Dari pemetaan risiko bencana, Uluwatu disebut area dengan risiko tsunami tinggi dan gempa bumi rendah. Area Bali selatan dan utara rawan tsunami dan gempa, sementara kabupaten Karangasem dan Bangli risiko bencananya adalah erupsi gunung berapi.
perlu dibaca : Hati-hati, Gempa di Bali Berpotensi Tsunami Tinggi
Sistem peringatan dini
Pemetaan risiko bencana ini idealnya terus dimatangkan dengan pemutakhiran Peta Rawan Bencana. “Detailnya harus dipetakan, mitigasi harus ada peta dulu, bisa dikembangkan di tingkat desa,” jelas Adi. Misalnya Surabaya dan Jakarta yang sudah memasukkan peta rawan banjir.
Sejumlah petugas BPBD Bali berlatih memasukkan untuk merinci lokasi dan jalur evakuasi serta infrastrukturnya dalam open street map dipandu tim Humanitarian OpenStreetMap.
Untuk risiko bencana tsunami, saat ini ada menara INATEWS di sejumlah kabupaten di Bali. Pada waktu tertentu, alarm akan meraung-raung untuk pengecekan dan tes kesiapsiagaan. Sebuah bangunan tiga lantai di Serangan, Denpasar adalah tempat evakuasi sementara yang disediakan namun kini berfungsi sebagai pasar tradisional.
“Lantai dasar jadi pasar agar dimanfaatkan untuk sumber ekonomi dan penyadaran bencana untuk warga,” sebut Adi. Sementara lantai 2 dan 3 tetap kosong. Menurutnya memfungsikan jadi pasar tidak masalah asal gedungnya dirawat dan saat evakuasi tak melebihi 25 menit.
Terakhir, pihaknya membuat peta evakuasi untuk Kabupaten Jembrana dengan risiko bencana tsunami. Dari simulasi yang dilakukan lokasi evakuasi adalah desa-desa di perbukitan namun bisa dicapai dalam waktu lebih dari 25 menit.
Kolaborasi pengembangan sistem risiko bencana di tingkat nasional di antaranya InAWARE, sebuah sistem analisis dan peringatan dini yang didanai oleh lembaga untuk Pembangunan Internasional Amerika Serikat (USAID) dan Kantor untuk Bantuan Bencana Luar Negeri (OFDA). Pacific Disaster Center (PDC) memberikan bantuan teknis kepada Badan Nasional Penanggulangan Bencana (BNPB) untuk meningkatkan dampak sistem peringatan dini dan sistem pembuatan keputusan dalam pengelolaan bencana. Proyek ini menyediakan sebuah sistem pengambilan keputusan berbasis jaringan untuk digunakan di tingkat nasional dan provinsi.

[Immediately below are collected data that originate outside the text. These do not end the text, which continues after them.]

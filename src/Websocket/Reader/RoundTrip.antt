-- ===== src/Websocket/Reader/RoundTrip.antt =====
-- Reading what `send_text` sent.
use Prim.Native.Nat.{bit_and, bit_or}
use native.Mathlib.Nat.{mod-eq_of_lt}
use knet.Base.{
  ℕ, ◌+◌, ◌^◌, ◌≤◌, ◌<◌, ◌≡◌, refl, sym, ap, ◌∙◌, Bool, true, false, List, [], ◌∷◌, ◌++◌, arith,
  if◌then◌else◌, ltb, lt→ltb, le→not-ltb, ==_iff, ◌==◌, length, take_all, bit_and-mask,
}
use knet.Websocket.Frame.{MaskKey, byte_of, is_masked}
use knet.Websocket.Frame.Bytes.{
  with_mask_bit, with_fin_bit, without_mask_bit, is_masked_high, is_masked_low, low_bits, join16,
  join64,
}
use knet.Websocket.Frame.Encode.{header, key_bytes, mask_bit, body}
use knet.Websocket.Reader.{
  Reader, Reply, payload_view, frame_size, read, read_head, read_short, read_medium, read_long,
}
use knet.Websocket.Reader.View.{payload_view_lem}

-- The bytes that `send_text` sends for a message, and what follows them.
abbrev pub wire : List ℕ → ℕ → Bool → MaskKey → List ℕ → List ℕ
wire msg op mask k rest = header (length msg) op mask k ++ (body mask k msg ++ rest)

pub second_byte_masked :
    (mark : ℕ) (mask : Bool) → mark < 128 → is_masked (bit_or mark (mask_bit mask)) ≡ mask
second_byte_masked mark true h =
    rw (with_mask_bit mark h) (is_masked_high (mark + 128) (omega arith) (omega arith))
second_byte_masked mark false h = rw (without_mask_bit mark h) (is_masked_low mark h)

pub second_byte_mark :
    (mark : ℕ) (mask : Bool) → mark < 128 → bit_and (bit_or mark (mask_bit mask)) 0x7f ≡ mark
second_byte_mark mark true h = rw (with_mask_bit mark h, low_bits) (omega arith)
second_byte_mark mark false h = rw (without_mask_bit mark h, low_bits) (omega arith)

first_byte_fin : (op : ℕ) → op < 16 → (bit_and (bit_or 0x80 op) 0x80 == 0x80) ≡ true
first_byte_fin op h =
    rw (with_fin_bit op (omega arith)) (is_masked_high (op + 128) (omega arith) (omega arith))

first_byte_opcode : (op : ℕ) → op < 16 → bit_and (bit_or 0x80 op) 0x0f ≡ op
first_byte_opcode op h = rw (with_fin_bit op (omega arith), bit_and-mask 4 (op + 128)) (omega arith)

-- The reader after the two first bytes of a frame.
abbrev pub seen : Reader → ℕ → Bool → ℕ → Reader
seen r op mask mark = record r {
  head = record { fin = true; opcode = op; mask = mask; len = mark };
}

module _ (r : Reader) (op : ℕ) (mask : Bool) (mark : ℕ) (tail : List ℕ) (ready : r.status ≡ 0)
    (small : op < 16) where
  abbrev pub head_bytes : List ℕ
  head_bytes = bit_or 0x80 op ∷ bit_or mark (mask_bit mask) ∷ tail

  read_ready : read r head_bytes ≡ read_head r head_bytes
  unfolding read
  read_ready = rw ((==_iff r.status 0).1 ready, le→not-ltb (length head_bytes) 2 (omega arith)) refl

  pub read_dispatch :
      mark < 128
      → read r head_bytes ≡ (
          if ltb mark 126
          then read_short (seen r op mask mark) head_bytes mask mark
          else if mark == 126
          then read_medium (seen r op mask mark) head_bytes mask
          else if mark == 127
          then read_long (seen r op mask mark) head_bytes mask
          else record { consumed = 0; handed = []; reader = seen r op mask mark })
  unfolding read_head
  read_dispatch h =
      read_ready
      ∙ rw
          (
            read_head,
            second_byte_masked mark mask h,
            second_byte_mark mark mask h,
            first_byte_fin op small,
            first_byte_opcode op small,
          )
          refl

pub reply_eq :
    {c c' : ℕ} {h h' : List (List ℕ)} {s s' : Reader}
    → c ≡ c'
    → h ≡ h'
    → s ≡ s'
    → ◌≡◌ {A = Reply}
        (record { consumed = c; handed = h; reader = s })
        (record { consumed = c'; handed = h'; reader = s' })
reply_eq p q e = λ i. record { consumed = p i; handed = q i; reader = e i }

-- The two first bytes and the length field, by the length of the message.
abbrev pub mark_of : ℕ → ℕ
mark_of n = if ltb n 126 then n else if ltb n 65535 then 126 else 127

-- The reply to a frame that is handed over whole.
abbrev pub whole : List ℕ → ℕ → Bool → MaskKey → Reader → Reply
whole msg op mask k r = record {
  consumed = length (header (length msg) op mask k) + length msg;
  handed = msg ∷ [];
  reader = record (seen r op mask (mark_of (length msg))) { payload_length = length msg };
}

module _ (msg : List ℕ) (op : ℕ) (mask : Bool) (k : MaskKey) (rest : List ℕ) where
  abbrev pub tail_bytes : List ℕ
  tail_bytes = key_bytes mask k ++ (body mask k msg ++ rest)

  abbrev pub pre16 : List ℕ
  pre16 =
      bit_or 0x80 op
      ∷ bit_or 126 (mask_bit mask)
      ∷ byte_of (length msg) 8
      ∷ byte_of (length msg) 0
      ∷ []

  abbrev pub pre64 : List ℕ
  pre64 =
      bit_or 0x80 op
      ∷ bit_or 127 (mask_bit mask)
      ∷ byte_of (length msg) 56
      ∷ byte_of (length msg) 48
      ∷ byte_of (length msg) 40
      ∷ byte_of (length msg) 32
      ∷ byte_of (length msg) 24
      ∷ byte_of (length msg) 16
      ∷ byte_of (length msg) 8
      ∷ byte_of (length msg) 0
      ∷ []

  pub wire_short :
      length msg < 126
      → wire msg op mask k rest
        ≡ (bit_or 0x80 op ∷ bit_or (length msg) (mask_bit mask) ∷ []) ++ tail_bytes
  wire_short h =
      rw
        (
          lt→ltb (length msg) 126 h,
          bit_and-mask 8 (length msg),
          mod-eq_of_lt {n = length msg} {m = 256} (omega arith),
        )
        refl

  pub wire_medium :
      126 ≤ length msg → length msg < 65535 → wire msg op mask k rest ≡ pre16 ++ tail_bytes
  wire_medium lo h = rw (le→not-ltb (length msg) 126 lo, lt→ltb (length msg) 65535 h) refl

  pub wire_long : 65535 ≤ length msg → wire msg op mask k rest ≡ pre64 ++ tail_bytes
  wire_long h = rw (le→not-ltb (length msg) 126 (omega arith), le→not-ltb (length msg) 65535 h) refl

  -- The bytes in front of the body.
  pub length-header :
      length (header (length msg) op mask k)
      ≡ (if ltb (length msg) 126 then 2 else if ltb (length msg) 65535 then 4 else 10)
        + length (key_bytes mask k)
  length-header = ground arith

  pub length-key_bytes : length (key_bytes mask k) ≡ (if mask then 4 else 0)
  length-key_bytes = ground arith

  pub mask_bytes_le : (if mask then 4 else 0) ≤ 4
  mask_bytes_le = ground arith

  pub size_of :
      (hs : ℕ)
      → (if ltb (length msg) 126 then 2 else if ltb (length msg) 65535 then 4 else 10) ≡ hs
      → hs ≤ 10
      → length msg < 2 ^ 62
      → frame_size (length msg) hs mask ≡ length (header (length msg) op mask k) + length msg
  size_of hs e small h = omega (arith, length-header, length-key_bytes, e, mask_bytes_le)

  module _ (r : Reader) (fits : length (header (length msg) op mask k) + length msg ≤ r.buffer_size)
      (word : r.buffer_size < 2 ^ 32) where
    view : (pre : List ℕ) → payload_view mask (pre ++ tail_bytes) (length pre) (length msg) ≡ msg
    view pre =
        payload_view_lem pre k msg rest (length msg) (omega arith) mask
        ∙ take_all (length msg) msg (omega arith)

    reader_eq :
        (mark : ℕ)
        → mark_of (length msg) ≡ mark
        → ◌≡◌ {A = Reader}
            (record (seen r op mask mark) { payload_length = length msg })
            (whole msg op mask k r).reader
    reader_eq mark e =
        ap (λ (m : ℕ). record (seen r op mask m) { payload_length = length msg }) (sym e)

    pub short_whole :
        length msg < 126
        → read_short
            (seen r op mask (length msg))
            ((bit_or 0x80 op ∷ bit_or (length msg) (mask_bit mask) ∷ []) ++ tail_bytes)
            mask
            (length msg)
          ≡ whole msg op mask k r
    unfolding read_short
    short_whole h =
        reply_eq
          (omega
            (arith, size_of 2 (ground arith) (omega arith) (omega (arith, fits, word)), fits, word))
          (ap (λ x. x ∷ []) (view (bit_or 0x80 op ∷ bit_or (length msg) (mask_bit mask) ∷ [])))
          (reader_eq (length msg) (ground arith))

    pub medium_whole :
        126 ≤ length msg
        → length msg < 65535
        → read_medium (seen r op mask 126) (pre16 ++ tail_bytes) mask ≡ whole msg op mask k r
    unfolding read_medium
    medium_whole lo h =
        rw
          (
            join16 (length msg) (omega arith),
            size_of 4 (ground arith) (omega arith) (omega (arith, fits, word)),
            le→not-ltb (length (pre16 ++ tail_bytes)) 4 (omega arith),
            le→not-ltb r.buffer_size (length (header (length msg) op mask k) + length msg) fits,
          )
          (reply_eq (omega (arith, fits, word)) (ap (λ x. x ∷ []) (view pre16))
            (reader_eq 126 (ground arith)))

    pub long_whole :
        65535 ≤ length msg
        → read_long (seen r op mask 127) (pre64 ++ tail_bytes) mask ≡ whole msg op mask k r
    unfolding read_long
    long_whole h =
        rw
          (
            join64 (length msg) (omega (arith, fits, word)),
            size_of 10 (ground arith) (omega arith) (omega (arith, fits, word)),
            le→not-ltb (length (pre64 ++ tail_bytes)) 10 (omega arith),
            le→not-ltb r.buffer_size (length (header (length msg) op mask k) + length msg) fits,
          )
          (reply_eq (omega (arith, fits, word)) (ap (λ x. x ∷ []) (view pre64))
            (reader_eq 127 (ground arith)))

Ada juga InaRISK sebuah portal hasil kajian risiko yang menggunakan arcgis server sebagai data layanan yang menggambarkan cakupan wilayah ancaman bencana, populasi terdampak, potensi kerugian fisik, potensi kerugian ekonomi, dan potensi kerusakan lingkungan. Terintegrasi dengan realisasi pelaksanaan kegiatan pengurangan risiko bencana sebagai alat monitoring penurunan indeks risiko bencana.
Dalam lamannya disebutkan, kontribusi yang diberikan oleh United Nation Development Program (UNDP) adalah dengan menyiapkan layanan data yang menjadi data utama dalam InaRISK. Portal ini diluncurkan penggunaannya oleh Kepala Badan Nasional Penanggulangan Bencana (BNPB) pada 10 November 2016. Diharapkan InaRISK dapat digunakan oleh semua pihak, termasuk masyarakat dalam menyusun rencana-rencana penanggulangan bencana, selain sebagai portal sharing data spasial.